# What Bit??



## DocIsMyPony (Oct 21, 2013)

My gelding has always been ridden in a tomb thumb, well recently he decided he doesn't like that bit anymore he's not performing like he used to doesn't turn stop, back, nothing I get no response with this bit, my trainer told me I should probably try switching his bit, she recommended a bit with a small port and jointed shank do you guys have any suggestions?? im not looking to spend a lot unless the bit is worth it, me and my horse do mostly western pleasure any help appreciated.


----------



## CLaPorte432 (Jan 3, 2012)

Look for a Jr Cow Horse bit.
_Posted via Mobile Device_


----------



## Fowl Play (Sep 22, 2009)

If you show western pleasure, you cannot show in a Jr. Cowhorse. I know you weren't wanting to spend a lot of money, but literally EVERY horse I've ever used this Myler on has liked it. Toklat - Horse Tack - Saddle Pads - Horse Riding Apparel - Myler Bits - Bits - Short Shank

We have switched several kids from a Tom Thumb/Argentine snaffle bit to this one because they were not responding well to the T.T. They have so many options with shank length and mouth piece with Mylers that you're pretty likely to find one that your horse really likes. And if you buy one that your horse doesn't like, they're pretty easy to resell.


----------



## GotaDunQH (Feb 13, 2011)

DocIsMyPony said:


> My gelding has always been ridden in a tomb thumb, well recently he decided he doesn't like that bit anymore he's not performing like he used to doesn't turn stop, back, nothing I get no response with this bit, my trainer told me I should probably try switching his bit, she recommended a bit with a small port and jointed shank do you guys have any suggestions?? im not looking to spend a lot unless the bit is worth it, me and my horse do mostly western pleasure any help appreciated.


 
Ugh...and smart horse! Tom Thumbs belong in the trash, so throw that bit away. They are THE MOST POORLY designed bit ever made. *Skip the jointed mouth altogether.....shanks and joints don't go together, no matter what people say. *If you are doing WP....start with a bit like this:



It gives tongue release, each side of the bit can be used independently, and is a much kinder bit than angle jointed mouth, shanked bit with a curb chain.
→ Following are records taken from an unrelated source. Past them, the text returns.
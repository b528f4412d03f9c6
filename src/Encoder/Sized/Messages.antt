-- ===== src/Encoder/Sized/Messages.antt =====
-- Whole messages are counted right: pb_get_encoded_size against pb_encode.
use breakpoint.Base.{
  arith, ℕ, zero, suc, ◌%◌, ◌≡◌, ap, Bool, true, false, Option, none, some, List, length, ◌==◌,
  if◌then◌else◌,
}
use mathlib.Core.Path.{subst}
use breakpoint.Outcome.{Outcome, ok, fail, fault, stuck, M}
use breakpoint.Input.{size_mod}
use breakpoint.Output.{Ostream, pb_ostream_sizing}
use breakpoint.Output.Sizing.{IsWriter, Appends, ahead}
use breakpoint.Memory.{Memory, load}
use breakpoint.Descriptor.AType
use breakpoint.Descriptor.{Field, field_at, pb_atype}
use breakpoint.FieldIter.{Iter, each_field, for_fields}
use breakpoint.Decoder.Defaults.{extension_dest}
use breakpoint.Encoder.{EncState, Env}
use breakpoint.Encoder.Fields.{Nested, pb_check_proto3_default_value}
use breakpoint.Encoder.Messages.{
  implicit, size_pointer, encode_basic_field, or_callback_error, encode_callback_field,
  encode_field, default_extension_encoder, encode_one_extension, extension_loop,
  encode_extension_field, encode_entry_at, pb_encode, size_of, pb_get_encoded_size,
}
use breakpoint.Encoder.Sized.{
  on, Sizes, Counts, IsSized, IsSized-bind, IsSized-pure, IsSized-if, sized_rules,
}
use breakpoint.Encoder.Sized.Substreams.{pb_ostream_sizing-IsSizer}
use breakpoint.Encoder.Sized.Fields.{encode_by_rule-IsSized}

module _ (mem : Memory) where
  implicit-IsSized : (default : Option Bool) → IsSized mem (implicit default)
  implicit-IsSized none = record { writing = λ s w. tt; counting = λ z w. tt }
  implicit-IsSized (some default) = IsSized-pure mem _

  -- A step that looks at the memory first.
  IsSized-looking :
      {A : Type 0} (step : Memory → M EncState A)
      → IsSized mem (step mem)
      → IsSized mem (λ s. step s.mem s)
  IsSized-looking step h = record {
    writing = λ s w. h.writing s w;
    counting = λ z w. h.counting z w;
  }

  IsSized-either :
      {A : Type 0} (b : Bool) (m n : M EncState A)
      → IsSized mem m
      → IsSized mem n
      → IsSized mem (λ s. if b then m s else n s)
  IsSized-either true m n hm hn = hm
  IsSized-either false m n hm hn = hn

  module _ (m : M EncState (Unit {0})) (h : IsSized mem m) where
    callback-Sizes :
        (s : Ostream) (o : Outcome EncState (Unit {0}))
        → Sizes mem m s o
        → Sizes mem (λ t. or_callback_error (m t)) s (or_callback_error o)
    callback-Sizes s (ok _ t) (bs, p, kept, on_sizing) =
        (bs, p, kept, λ z w. ap or_callback_error (on_sizing z w))
    callback-Sizes s (fail t) p = tt
    callback-Sizes s fault p = tt
    callback-Sizes s stuck p = tt

    callback-Counts :
        (z : Ostream) (o : Outcome EncState (Unit {0}))
        → Counts mem z o
        → Counts mem z (or_callback_error o)
    callback-Counts z (ok _ t) c = c
    callback-Counts z (fail t) c = tt
    callback-Counts z fault c = tt
    callback-Counts z stuck c = tt

    IsSized-or_callback_error : IsSized mem (λ t. or_callback_error (m t))
    IsSized-or_callback_error = record {
      writing = λ s w. callback-Sizes s _ (h.writing s w);
      counting = λ z w. callback-Counts z _ (h.counting z w);
    }

  each_field-IsSized :
      (n : ℕ) (step : Iter → M EncState (Unit {0})) (it : Iter)
      → ((it : Iter) → IsSized mem (step it))
      → IsSized mem (each_field n step it)
  unfolding each_field
  each_field-IsSized zero step it h = record { writing = λ s w. tt; counting = λ z w. tt }
  each_field-IsSized (suc n) step it h =
      IsSized-either _ _ _ (IsSized-bind mem _ _ (h it) (λ _. each_field-IsSized n step _ h)) (h it)

  for_fields-IsSized :
      (step : Iter → M EncState (Unit {0})) (fields : List Field) (src : ℕ)
      → ((it : Iter) → IsSized mem (step it))
      → IsSized mem (for_fields step fields src)
  unfolding for_fields
  for_fields-IsSized step fields src h = search (sized_rules, each_field-IsSized) depth 8

  -- What the build links in counts its own writes right.
  module _ (env : Env)
      (calls : (fn : ℕ) (f : Field) (arg : ℕ) → IsSized mem (env.call_encode fn f arg))
      (extensions : (fn ext : ℕ) → IsSized mem (env.call_extension fn ext)) where
    module _ (nested : Nested) (n : ℕ)
        (h : (fields : List Field) (src : ℕ) → IsSized mem (nested fields src)) where
      size_pointer-IsSized :
          (f : Field) (p_data : ℕ) → IsSized mem (size_pointer env nested n f p_data)
      unfolding size_pointer
      size_pointer-IsSized f p_data =
          let default =
            IsSized-looking (λ m. implicit (pb_check_proto3_default_value env n m f p_data))
              (implicit-IsSized _) in
          IsSized-if mem _ _ _ (IsSized-pure mem _)
            (IsSized-if mem _ _ _ default (IsSized-pure mem _))

      encode_basic_field-IsSized :
          (f : Field) (p_data : ℕ) → IsSized mem (encode_basic_field env nested n f p_data)
      unfolding encode_basic_field
      encode_basic_field-IsSized f p_data =
          let by_rule = encode_by_rule-IsSized mem env nested h f in
          search (sized_rules, size_pointer-IsSized, by_rule) depth 10

      encode_callback_field-IsSized :
          (f : Field) (p_data : ℕ) → IsSized mem (encode_callback_field env nested n f p_data)
      unfolding encode_callback_field
      encode_callback_field-IsSized f p_data =
          search (sized_rules, IsSized-or_callback_error, calls) depth 10

      encode_field-IsSized :
          (f : Field) (p_data : ℕ) → IsSized mem (encode_field env nested n f p_data)
      unfolding encode_field
      encode_field-IsSized f p_data =
          search (sized_rules, encode_basic_field-IsSized, encode_callback_field-IsSized) depth 8

      default_extension_encoder-IsSized :
          (ext : ℕ) → IsSized mem (default_extension_encoder env nested n ext)
      unfolding default_extension_encoder
      default_extension_encoder-IsSized ext =
          let f =
            λ (m : Memory). field_at (env.fields_at (env.extension_type (load 8 ext m)).arg) 0 in
          IsSized-looking
            (λ m.
              if pb_atype (f m).type == AType.pointer
              then encode_field env nested n (f m) (extension_dest ext)
              else encode_field env nested n (f m) (load 8 (extension_dest ext) m))
            (IsSized-if mem _ _ _ (encode_field-IsSized _ _) (encode_field-IsSized _ _))

      encode_one_extension-IsSized : (ext : ℕ) → IsSized mem (encode_one_extension env nested n ext)
      unfolding encode_one_extension
      encode_one_extension-IsSized ext =
          let fn = λ (m : Memory). (env.extension_type (load 8 ext m)).encode in
          IsSized-looking
            (λ m s.
              if fn m == 0
              then default_extension_encoder env nested n ext s
              else env.call_extension (fn m) ext s)
            (IsSized-either _ _ _ (default_extension_encoder-IsSized ext) (extensions _ ext))

      extension_loop-IsSized : (k ext : ℕ) → IsSized mem (extension_loop env nested n k ext)
      unfolding extension_loop
      extension_loop-IsSized zero ext = record { writing = λ s w. tt; counting = λ z w. tt }
      extension_loop-IsSized (suc k) ext =
          let rest = extension_loop-IsSized k in
          search (sized_rules, IsSized-either, encode_one_extension-IsSized, rest) depth 8

      encode_entry_at-IsSized : (it : Iter) → IsSized mem (encode_entry_at env nested n it)
      unfolding encode_entry_at encode_extension_field
      encode_entry_at-IsSized it =
          search (sized_rules, extension_loop-IsSized, encode_field-IsSized) depth 8

    pub pb_encode-IsSized :
        (n : ℕ) (fields : List Field) (src : ℕ) → IsSized mem (pb_encode env n fields src)
    unfolding pb_encode
    pb_encode-IsSized zero fields src = record { writing = λ s w. tt; counting = λ z w. tt }
    pb_encode-IsSized (suc n) fields src =
        for_fields-IsSized _ fields src
          λ it. encode_entry_at-IsSized _ n (λ fs p. pb_encode-IsSized n fs p) it

    size_of-Counts :
        (s : Ostream) (bytes : List ℕ) (o : Outcome EncState (Unit {0}))
        → o ≡ ok tt (on mem (ahead (length bytes) pb_ostream_sizing))
        → size_of env (on mem s) o ≡ ok (length bytes % size_mod) (on mem s)
    unfolding pb_ostream_sizing
    size_of-Counts s bytes o e = rw e (ap (λ n. ok n (on mem s)) (omega arith))

    sized_by :
        (n : ℕ) (fields : List Field) (src : ℕ) (s : Ostream) (t : EncState)
        (o : Outcome EncState (Unit {0}))
        → o ≡ ok tt t
        → Sizes mem (pb_encode env n fields src) s o
        → (bytes : List ℕ) × Appends bytes s t.output
          × (t.mem ≡ mem)
          × (pb_get_encoded_size env n fields src (on mem s)
              ≡ ok (length bytes % size_mod) (on mem s))
    unfolding pb_get_encoded_size
    sized_by n fields src s t o e p =
        let (bs, q, kept, on_sizing) = subst (Sizes mem (pb_encode env n fields src) s) e p in
        (bs, q, kept, size_of-Counts s bs _ (on_sizing pb_ostream_sizing pb_ostream_sizing-IsSizer))

module _ (env : Env)
    (calls : (mem : Memory) (fn : ℕ) (f : Field) (arg : ℕ) → IsSized mem (env.call_encode fn f arg))
    (extensions : (mem : Memory) (fn ext : ℕ) → IsSized mem (env.call_extension fn ext)) where
  -- A message that pb_encode writes to a buffer, with callbacks and extension encoders that a sizing
  -- stream counts right and that leave memory as it is, is measured right: some `bytes` stand behind
  -- what was written before, memory is as it was, and pb_get_encoded_size returns true with their
  -- number, as a size_t, and leaves the state as it was.
  pub pb_get_encoded_size-pb_encode :
      (n : ℕ) (fields : List Field) (src : ℕ) (s t : EncState)
      → IsWriter s.output
      → pb_encode env n fields src s ≡ ok tt t
      → (bytes : List ℕ) × Appends bytes s.output t.output
        × (t.mem ≡ s.mem)
        × (pb_get_encoded_size env n fields src s ≡ ok (length bytes % size_mod) s)
  pb_get_encoded_size-pb_encode n fields src s t w e =
      sized_by s.mem env (calls s.mem) (extensions s.mem) n fields src s.output t _ e (
        (pb_encode-IsSized s.mem env (calls s.mem) (extensions s.mem) n fields src).writing s.output
          w)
Ive been showing WP for over 30 years and I have NO jointed mouth shanked bits in my arsenal.


----------



## DocIsMyPony (Oct 21, 2013)

GotaDunQH said:


> Ugh...and smart horse! Tom Thumbs belong in the trash, so throw that bit away. They are THE MOST POORLY designed bit ever made. *Skip the jointed mouth altogether.....shanks and joints don't go together, no matter what people say. *If you are doing WP....start with a bit like this:
> 
> 
> 
> It gives tongue release, each side of the bit can be used independently, and is a much kinder bit than angle jointed mouth, shanked bit with a curb chain. Ive been showing WP for over 30 years and I have NO jointed mouth shanked bits in my arsenal.



Thank you for your reply I was actually looking at a bit quite similar to the one you posted, and I have the same opinion on tomb thumbs but that's what the previous owners used on him so I kept it......I was looking into this bit what do you think?


----------



## GotaDunQH (Feb 13, 2011)

^ yep, I like that bit too.


----------



## DocIsMyPony (Oct 21, 2013)

GotaDunQH said:


> ^ yep, I like that bit too.


 This is totally off topic but since you have shown western pleasure, I just want to know your opinion on my horses conformation??


----------



## MangoRoX87 (Oct 19, 2009)

@Docismypony You will have better luck posting your own thread in Western Pleasure or in the conformation critique sections


----------



## bsms (Dec 31, 2010)

GotaDunQH said:


> ...*Skip the jointed mouth altogether.....shanks and joints don't go together, no matter what people say...*


Don't tell my horses. What they do not know doesn't seem to hurt them. I have a bit like you showed, and they do fine in it. They also do fine in a Jr Cow Horse, and Mia is currently doing fine in this:










I don't do western pleasure, so I cannot speak to that. But for GP western riding...shanks and joints can go together just fine.


----------



## GotaDunQH (Feb 13, 2011)

DocIsMyPony said:


> This is totally off topic but since you have shown western pleasure, I just want to know your opinion on my horses conformation??
> View attachment 373001
> 
> View attachment 373009
> ...


If you could get a side shot....that would be awesome!


----------



## GotaDunQH (Feb 13, 2011)

bsms said:


> Don't tell my horses. What they do not know doesn't seem to hurt them. I have a bit like you showed, and they do fine in it. They also do fine in a Jr Cow Horse, and Mia is currently doing fine in this:
> 
> 
> 
> ...


That's great she works well with it! I just don't like the mechanics of a single jointed bit, shanks and a curb strap.


----------



## DocIsMyPony (Oct 21, 2013)

GotaDunQH said:


> If you could get a side shot....that would be awesome!

























Do any of these work?


----------



## dazednconfused (Feb 28, 2014)

Nice horse!


----------



## DocIsMyPony (Oct 21, 2013)

dazednconfused said:


> Nice horse!


 y thank you . this is old were actually starting intro level dressage now  I have a forum started on here about it with pics lol


----------